__TASK BRIEF__
Taking the line that contains "(accept_artifact e c v)" as the first, copy each line exactly up to and including the last line below.

__Data excerpts__
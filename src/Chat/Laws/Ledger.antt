-- ===== src/Chat/Laws/Ledger.antt =====
-- Inviting, issuing, accepting, revoking and storing keep what holds of a chat between its calls.
use go_cell_protocol.Prelude.{
  String, Bool, ◌≡◌, false, refl, List, [], ◌∷◌, ◌++◌, Option, none, some, Result, ok, err, arith,
  if◌then◌else◌, Dict, lookup, insert, Option-cases, inl, inr, sym, ap, str_eq,
}
use mathlib.Core.Path.{subst}
use go_cell_protocol.Value.{Value, Fields}
use go_cell_protocol.Identity.{Identity}
use go_cell_protocol.Interop.Chat.{ChatWire}
use go_cell_protocol.Interop.Chat.Build.{SignFunc}
use go_cell_protocol.Interop.Chat.{Descriptor, ChatInvitationArtifact}
use go_cell_protocol.Chat.{ChatPerson, ChatInvitation, ChatCell, ChatEnv}
use go_cell_protocol.Chat.Messages.{append_message, new_message, store}
use go_cell_protocol.Chat.Invitations.{
  with_invitations, invite_person, invite_all, invited_again, set_status, set_statuses,
  update_statuses, targets, known_all, answer_audience, refused,
}
use go_cell_protocol.Chat.Artifacts.{
  forget, reopened, issued_before, new_artifact, with_artifact, issue_new, issue_artifact,
  issue_all,
}
use go_cell_protocol.Chat.Accept.{
  Handed, accept_artifact, with_accepted, accepted_record, consumption,
}
use go_cell_protocol.Interop.Chat.Laws.{Answers}
use go_cell_protocol.Chat.Laws.Accept.{Accepted, accept_artifact_sound}
use go_cell_protocol.Chat.Laws.Frame.{Kept, Leaves, leaves, branch, store-Kept}
use go_cell_protocol.Chat.Laws.Log.{keep_latest-eq-latest, latest-le}
use go_cell_protocol.Chat.Laws.Sound.{
  Sound, AllTaken, HoldsTaken, Once, insert-AllTaken, none-HoldsTaken, same-HoldsTaken, insert-Once,
  remove-Once, consume_once-apart,
}

pub some_injective : {A : Type 0} {x y : A} → some x ≡ some y → x ≡ y
some_injective q = ground arith

module _ (w : ChatWire) where
  pub Kept-Sound : {c d : ChatCell} → Kept c d → Sound w c → Sound w d
  Kept-Sound {c} {d} k s = record {
    bounded = rw (k.messages, k.limit) s.bounded;
    taken = subst (AllTaken w) (sym k.invitations) s.taken;
    once = subst Once (sym k.consumed) s.once;
  }

  append_message-Sound :
      (e : ChatEnv) (c : ChatCell) (m : Fields) → Sound w c → Sound w (append_message e c m)
  unfolding append_message
  append_message-Sound e c m s = record {
    bounded = rw (keep_latest-eq-latest c.messages_limit (c.messages ++ m ∷ [])) (latest-le _ _);
    taken = s.taken;
    once = s.once;
  }

  pub store-Sound :
      (e : ChatEnv) (c : ChatCell) (body content_type topic : String) (requester : Option Identity)
      → Sound w c
      → Sound w (store e c body content_type topic requester).0
  store-Sound e c body content_type topic requester s =
      Kept-Sound (store-Kept e c body content_type topic requester)
        (append_message-Sound e c (new_message e c body content_type topic requester) s)

  with_invitations-Sound :
      (c : ChatCell) (m : Dict ChatInvitation)
      → AllTaken w m
      → Sound w c
      → Sound w (with_invitations c m)
  with_invitations-Sound c m t s = record { bounded = s.bounded; taken = t; once = s.once }

  invite_person-Sound :
      (e : ChatEnv) (c : ChatCell) (p : ChatPerson) → Sound w c → Sound w (invite_person e c p)
  unfolding invite_person
  invite_person-Sound e c p s = branch (Sound w) _ _ _ s (
      with_invitations-Sound c _
        (insert-AllTaken w p.uuid _ c.invitations
          (none-HoldsTaken w p.uuid _ (cleared (lookup p.uuid c.invitations))) s.taken)
        s)
    where
      cleared : (o : Option ChatInvitation) → (invited_again e p o).acceptance ≡ none
      cleared none = refl
      cleared (some r) = refl

  pub invite_all-Sound :
      (e : ChatEnv) (l : List ChatPerson) (c : ChatCell) → Sound w c → Sound w (invite_all e c l)
  unfolding invite_all
  invite_all-Sound e [] c s = s
  invite_all-Sound e (p ∷ l) c s =
      invite_all-Sound e l (invite_person e c p) (invite_person-Sound e c p s)

  set_statuses-AllTaken :
      (e : ChatEnv) (status : String) (l : List String) (m : Dict ChatInvitation)
      → AllTaken w m
      → AllTaken w (set_statuses e status l m)
  unfolding set_statuses
  set_statuses-AllTaken e status [] m h = h
  set_statuses-AllTaken e status (u ∷ l) m h =
      set_statuses-AllTaken e status l _ (elim (Option-cases (lookup u m)) [
        | inl n ↦ rw n h
        | inr (r, n) ↦ rw n (
            insert-AllTaken w u (set_status e status r) m
              (same-HoldsTaken w u r _ refl refl (h u r n)) h)
      ])

  pub update_statuses-Sound :
      (e : ChatEnv) (c : ChatCell) (v : Value) (status : String)
      → Sound w c
      → Leaves (Sound w) (update_statuses e c v status)
  unfolding update_statuses
  update_statuses-Sound e c v status s = targeted (targets e c v false)
    where
      targeted :
          (o : Option (List String × Bool))
          → Leaves (Sound w) (elim o as (λ o. ChatCell × Value) [
            | none ↦ (c, refused "invalid invitation target payload")
            | some (uuids, _) ↦
                if known_all e c uuids
                then answer_audience e
                    (with_invitations c (set_statuses e status uuids c.invitations))
                else (c, refused "invitation targets must all reference known invitation records")
          ])
      targeted none = leaves (Sound w) c _ s
      targeted (some (uuids, _)) =
          branch (Leaves (Sound w)) (known_all e c uuids) _ _
            (leaves (Sound w) _ _ (
              with_invitations-Sound c _
                (set_statuses-AllTaken e status uuids c.invitations s.taken) s))
            (leaves (Sound w) c _ s)

  with_artifact-Sound :
      (e : ChatEnv) (c : ChatCell) (uuid : String) (r : ChatInvitation) (a : ChatInvitationArtifact)
      → Sound w c
      → Sound w (with_artifact e c uuid r a)
  with_artifact-Sound e c uuid r a s = record {
    bounded = s.bounded;
    taken = insert-AllTaken w uuid _ c.invitations (none-HoldsTaken w uuid _ refl) s.taken;
    once = forgotten r.artifact;
  }
    where
      forgotten : (o : Option ChatInvitationArtifact) → Once (forget o c.consumed)
      forgotten none = s.once
      forgotten (some a) = remove-Once a.invitation_id c.consumed s.once

  issue_artifact-Sound :
      (e : ChatEnv) (sign : SignFunc) (owner : Descriptor) (c : ChatCell) (uuid : String)
      (r : ChatInvitation)
      → lookup uuid c.invitations ≡ some r
      → Sound w c
      → Leaves (Sound w) (issue_artifact e sign owner c uuid r)
  unfolding issue_artifact issue_new
  issue_artifact-Sound e sign owner c uuid r found s =
      issued (issued_before e r) (new_artifact e c uuid sign owner (reopened r))
    where
      same : HoldsTaken w uuid (reopened r)
      same =
          branch (HoldsTaken w uuid) (str_eq r.status "declined") _ _
            (same-HoldsTaken w uuid r _ refl refl (s.taken uuid r found)) (s.taken uuid r found)

      fresh :
          (o : Result ChatInvitationArtifact)
          → Leaves (Sound w) (elim o as (λ o. ChatCell × Result ChatInvitationArtifact) [
            | err x ↦ (with_invitations c (insert uuid (reopened r) c.invitations), err x)
            | ok a ↦ (with_artifact e c uuid (reopened r) a, ok a)
          ])
      fresh (err x) = leaves (Sound w) _ _ (
          with_invitations-Sound c _
            (insert-AllTaken w uuid (reopened r) c.invitations same s.taken) s)
      fresh (ok a) = leaves (Sound w) _ _ (with_artifact-Sound e c uuid (reopened r) a s)

      issued :
          (o : Option ChatInvitationArtifact) (n : Result ChatInvitationArtifact)
          → Leaves (Sound w) (elim o as (λ o. ChatCell × Result ChatInvitationArtifact) [
            | some a ↦ (c, ok a)
            | none ↦ elim n as (λ o. ChatCell × Result ChatInvitationArtifact) [
              | err x ↦ (with_invitations c (insert uuid (reopened r) c.invitations), err x)
              | ok a ↦ (with_artifact e c uuid (reopened r) a, ok a)
            ]
          ])
      issued (some a) n = leaves (Sound w) c (ok a) s
      issued none n = fresh n

  pub issue_all-Sound :
      (e : ChatEnv) (sign : SignFunc) (owner : Descriptor) (l : List String) (c : ChatCell)
      (out : List Value)
      → Sound w c
      → Leaves (Sound w) (issue_all e sign owner c l out)
  unfolding issue_all
  issue_all-Sound e sign owner [] c out s = leaves (Sound w) c _ s
  issue_all-Sound e sign owner (uuid ∷ l) c out s =
      elim (Option-cases (lookup uuid c.invitations)) [
        | inl n ↦ rw (n, issue_all) (leaves (Sound w) c _ s)
        | inr (r, n) ↦
            rw (n, issue_all)
              (go (issue_artifact e sign owner c uuid r)
                (issue_artifact-Sound e sign owner c uuid r n s)
                (λ d a h. issue_all-Sound e sign owner l d (out ++ e.artifact_json a ∷ []) h))
      ]
    where
      go :
          (answer : ChatCell × Result ChatInvitationArtifact)
          → Leaves (Sound w) answer
          → ((d : ChatCell) (a : ChatInvitationArtifact)
              → Sound w d
              → Leaves (Sound w) (issue_all e sign owner d l (out ++ e.artifact_json a ∷ [])))
          → Leaves (Sound w) (elim answer.1 as (λ o. ChatCell × Value) [
            | err x ↦ (answer.0, refused x)
            | ok a ↦ issue_all e sign owner answer.0 l (out ++ e.artifact_json a ∷ [])
          ])
      go (d, err x) h rest = leaves (Sound w) d _ h.chat
      go (d, ok a) h rest = rest d a h.chat

  with_accepted-Sound :
      (e : ChatEnv) (c : ChatCell) (h : Handed) (r : ChatInvitation) (again : Bool)
      → e.wire ≡ w
      → Accepted e c h r again
      → Sound w c
      → Sound w (with_accepted e c h r)
  unfolding with_accepted
  with_accepted-Sound e c h r again same accepted s = record {
    bounded = s.bounded;
    taken =
        insert-AllTaken w h.artifact.invited_identity.uuid (accepted_record e h r) c.invitations
          taken s.taken;
    once =
        insert-Once h.artifact.invitation_id (consumption e h) c.consumed
          (consume_once-apart c.consumed h again s.once accepted.consumes) s.once;
  }
    where
      taken : HoldsTaken w h.artifact.invited_identity.uuid (accepted_record e h r)
      taken b q = record {
        artifact = h.artifact;
        is_artifact = refl;
        invited = refl;
        answers =
            subst (λ b'. Answers w b' h.artifact) (some_injective q)
              (subst (λ v. Answers v h.acceptance h.artifact) same accepted.answers);
      }

  pub accept_artifact-Sound :
      (e : ChatEnv) (c : ChatCell) (v : Value)
      → e.wire ≡ w
      → Sound w c
      → Leaves (Sound w) (accept_artifact e c v)
  accept_artifact-Sound e c v same s = elim (accept_artifact_sound e c v) [
    | inl unchanged ↦ record { chat = subst (Sound w) (sym unchanged) s }
    | inr (h, r, again, _, accepted, q) ↦ record {
      chat =
          subst (Sound w) (sym (ap (λ a. a.0) q))
            (with_accepted-Sound e c h r again same accepted s);
    }
  ]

__WRITTEN SOLUTION__
      → Leaves (Sound w) (accept_artifact e c v)
  accept_artifact-Sound e c v same s = elim (accept_artifact_sound e c v) [
    | inl unchanged ↦ record { chat = subst (Sound w) (sym unchanged) s }
    | inr (h, r, again, _, accepted, q) ↦ record {
      chat =
          subst (Sound w) (sym (ap (λ a. a.0) q))
            (with_accepted-Sound e c h r again same accepted s);
    }
  ]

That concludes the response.